Bergische Morgenpost Wermelskirchen/Hückeswagen/Radevormwald
Ein wortgewordener Wutausbruch
„Gegenangriff“ist die bitterböse Streitschrift einer Autorin mit dem Pseudonym Nadja Niemeyer.
Es gibt erste Sätze, die möchte man in Stein meißeln. Der aus „Gegenangriff“gehört dazu: „Der Untergang der Menschheit begann mit einem Katzenvideo.“So lapidar diese Apokalypse daher kommt – mit dem Bild von niedlichen Miezen vor Augen, millionenfach in den sozialen Medien geteilt, so zynisch, so abgründig und so radikal ist diese Zukunftsvision, der die Urheberin – oder vielleicht auch der Urheber – den Titel „Gegenangriff. Ein Pamphlet“gegeben hat.

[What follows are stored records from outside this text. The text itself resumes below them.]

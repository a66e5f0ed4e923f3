-- ===== src/Tests.antt =====
-- Concrete runs: a file that is a list of items and never fails, one whose writes fail, and frames
-- that are numbers.
pub mod Fixtures
pub mod Systems
mod Sessions
mod Collecting
mod Reporting
mod Controlling
mod Allocating
mod Exporting
mod Walking
mod Naming
mod Mapping
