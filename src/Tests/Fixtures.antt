-- ===== src/Tests/Fixtures.antt =====
-- Instances of what the source calls of other crates, on which the theorems are run.
use pprof_rs.Prelude.{
  ℕ, ◌≤◌, ◌≡◌, refl, true, none, some, List, [], ◌∷◌, ◌++◌, ok, err, leb, leb→le, le→leb,
  if◌then◌else◌, take, length, arith, ◌==◌, Bool-cases, inl, inr,
}
use pprof_rs.Error.{IoResult}
use pprof_rs.Key.{Key}
use pprof_rs.Collector.TempFile.{TempFile, FileLaws, NoIoErrors}
use pprof_rs.Frames.{Resolver, Symbol, UnresolvedFrames, Text, built, handler_name}

pub number_refl : (a : ℕ) → (a == a) ≡ true
number_refl a = ground arith

pub number_symm : (a b : ℕ) → (a == b) ≡ (b == a)
number_symm a b = ground arith

pub number_trans : (a b c : ℕ) → (a == b) ≡ true → (b == c) ≡ true → (a == c) ≡ true
number_trans a b c h k = ground arith

-- Numbers as keys, all of which hash to the same word, so that they share a bucket.
abbrev pub number_key : Key ℕ
number_key = record {
  eq = λ a b. a == b;
  hash = λ _. 7;
  eq_refl = number_refl;
  eq_symm = number_symm;
  eq_trans = number_trans;
  eq-hash = λ a b h. refl;
}

abbrev no_space : IoResult (Unit {0})
no_space = err 28

module _ {T : Type 0} where
  abbrev pub read_list : List T → ℕ → IoResult (List T)
  read_list f n = if leb n (length f) then ok (take n f) else err 5

  -- A file in memory.
  abbrev pub memory : TempFile (List T) T
  memory = record { create = ok []; write_all = λ f ts. (f ++ ts, ok tt); read_exact = read_list }

  pub read_list-contents :
      (f : List T) (n : ℕ) (ts : List T) → read_list f n ≡ ok ts → (n ≤ length f) × (ts ≡ take n f)
  read_list-contents f n ts h = elim (Bool-cases (leb n (length f))) [
    | inl fits ↦ let same : ok (take n f) ≡ ok ts = rw fits at h in (leb→le n (length f) fits, cc)
    | inr short ↦ absurd (cc (rw short at h))
  ]

  abbrev empty_file : IoResult (List T)
  empty_file = ok []

  pub created : (f : List T) → empty_file ≡ ok f → f ≡ []
  created f h = cc

  abbrev pub memory_laws : FileLaws memory
  memory_laws = record {
    contents = λ f. f;
    create-contents = created;
    write_all-contents = λ f ts h. refl;
    read_exact-contents = read_list-contents;
  }

  abbrev pub memory_healthy : NoIoErrors memory memory_laws
  memory_healthy = record {
    creates = ([], refl);
    writes = λ f ts. refl;
    reads = λ f n h. (take n f, rw (le→leb n (length f) h));
  }

  -- A file on a full disk.
  abbrev pub full_disk : TempFile (List T) T
  full_disk = record { create = ok []; write_all = λ f ts. (f, err 28); read_exact = read_list }

  pub refused : (f ts : List T) → no_space ≡ ok tt → f ≡ f ++ ts
  refused f ts h = cc

  abbrev pub full_disk_laws : FileLaws full_disk
  full_disk_laws = record {
    contents = λ f. f;
    create-contents = created;
    write_all-contents = refused;
    read_exact-contents = read_list-contents;
  }

-- The frame of the signal handler.
abbrev pub handler_frame : ℕ
handler_frame = 1000

abbrev pub handler_text : Text
handler_text = handler_name

-- A frame is its own address and has one symbol, which is named by a letter.
abbrev pub symbol_of : ℕ → Symbol
symbol_of f = record {
  name = if f == handler_frame then some handler_text else some (f ∷ []);
  addr = some f;
  lineno = none;
  filename = none;
}

-- Frames below ten have no symbols.
abbrev pub numbers : Resolver ℕ
numbers = record {
  ip = λ f. f;
  symbol_address = λ f. f;
  resolve_symbol = λ f. if leb 10 f then symbol_of f ∷ [] else [];
  resolve_in_perfmap = λ _. none;
  demangle = λ t. t;
  from_utf8_lossy = λ t. t;
  show_number = λ n. n ∷ [];
  hasher = λ _. 3;
}

-- Two stacks of one thread that differ in their time only, and one of another thread.
abbrev pub stack_a : UnresolvedFrames ℕ
stack_a = built (20 ∷ 21 ∷ []) (109 ∷ []) 1 50

abbrev pub stack_b : UnresolvedFrames ℕ
stack_b = built (20 ∷ 21 ∷ []) (109 ∷ []) 1 60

Nadja Niemeyer steht als Autorin auf dem Cover der Streitschrift. Es ist ein Pseudonym für jemanden, der – oder vermutlich die – nicht über Naturschutz und Artenvielfalt mitdiskutieren will, und die ihrem „wortgewordenen Wutausbruch“nichts hinzuzufügen hat, heißt es im
Klappentext. Gemutmaßt wurde: Es könnte sich um Elfriede Jelinek oder Sybille Berg handeln. Aber man weiß es nicht. Fest steht: Es ist jemand, der die Sprache wie ein Skalpell zu handhaben versteht: klar, scharf, kühl. Verlogenheiten werden seziert, wohlfeile Phrasen über den Naturschutz dekonstruiert, das Ende der Menschen protokolliert, ohne mit der Moralkeule zu fuchteln.
Der Untergang jedenfalls beginnt am 10. Januar 2034 in einem Biotech-Forschungsunternehmen, in dem zwei Katzen – Professor Einstein und Madame Curie – einen bemerkenswert cleveren Raub begehen. Die Tiere agieren außergewöhnlich koordiniert und zielorientiert, was die Menschen, die gut unterhalten ihrem Ende entgegen tapsen, nicht ernsthaft beunruhigt.
Vom niedlichen Katzenvideo bis zum Untergang ist es nicht weit.
Rinder rebellieren. Sie töten ihren ach so tierliebenden Ökobauern und marschieren gen Schlachthaus. Wildschweine zerstören Weizenfelder; Ratten zerbeißen Stromkabel; Fledermäuse terrorisieren eine Stadt. Ein bisschen wie George Orwells „Animal Farm“und Frank Schätzings „Der Schwarm“, aber böser, härter, kälter.
Die Tierwelt hat radikal an Intelligenz gewonnen und rottet sich konspirativ zusammen. Ironie des Schicksals: Ein von Menschenhand hergestelltes und fehlgeleitetes Virus hat den fatalen Intelligenzanstieg der Tiere verursacht. Nutz- und Wildtiere setzen ihr Leben aufs Spiel, um Homo sapiens zur eigenen Auslöschung zu treiben. Mit beachtlichem Erfolg.
Das Desaster nimmt Fahrt auf: Globale Lieferketten brechen zusammen, Nahrungsknappheit,
Hungersnöte, Pflegeheime und Krankenhäuser gehen bankrott mit den letalen Folgen für Arme, Kranke und Schwache. Der Mensch erweist sich dem Menschen als Wolf. In Deutschland werden Flüchtlinge in den Wald getrieben und gejagt. Indien führt die Witwenverbrennung wieder ein. In China lässt man analog zur Ein-Kind-Kampagne alte Menschen verhungern. Es ist eine Kakophonie der Katastrophen bis zum ganz großen Knall.
Erzählt wird diese Vision von einem gesichtslosen, gefühlskalten Erzähler, der das Geschehen mit zurückhaltendem Spott protokolliert, bis hin zu der Bilanz: „Der Verlust an Menschenleben betrug erfreuliche 98 Prozent.“
Info Nadja Niemeyer: „Gegenangriff. Ein Pamphlet“. Diogenes, 176 Seiten, 18,50 Euro.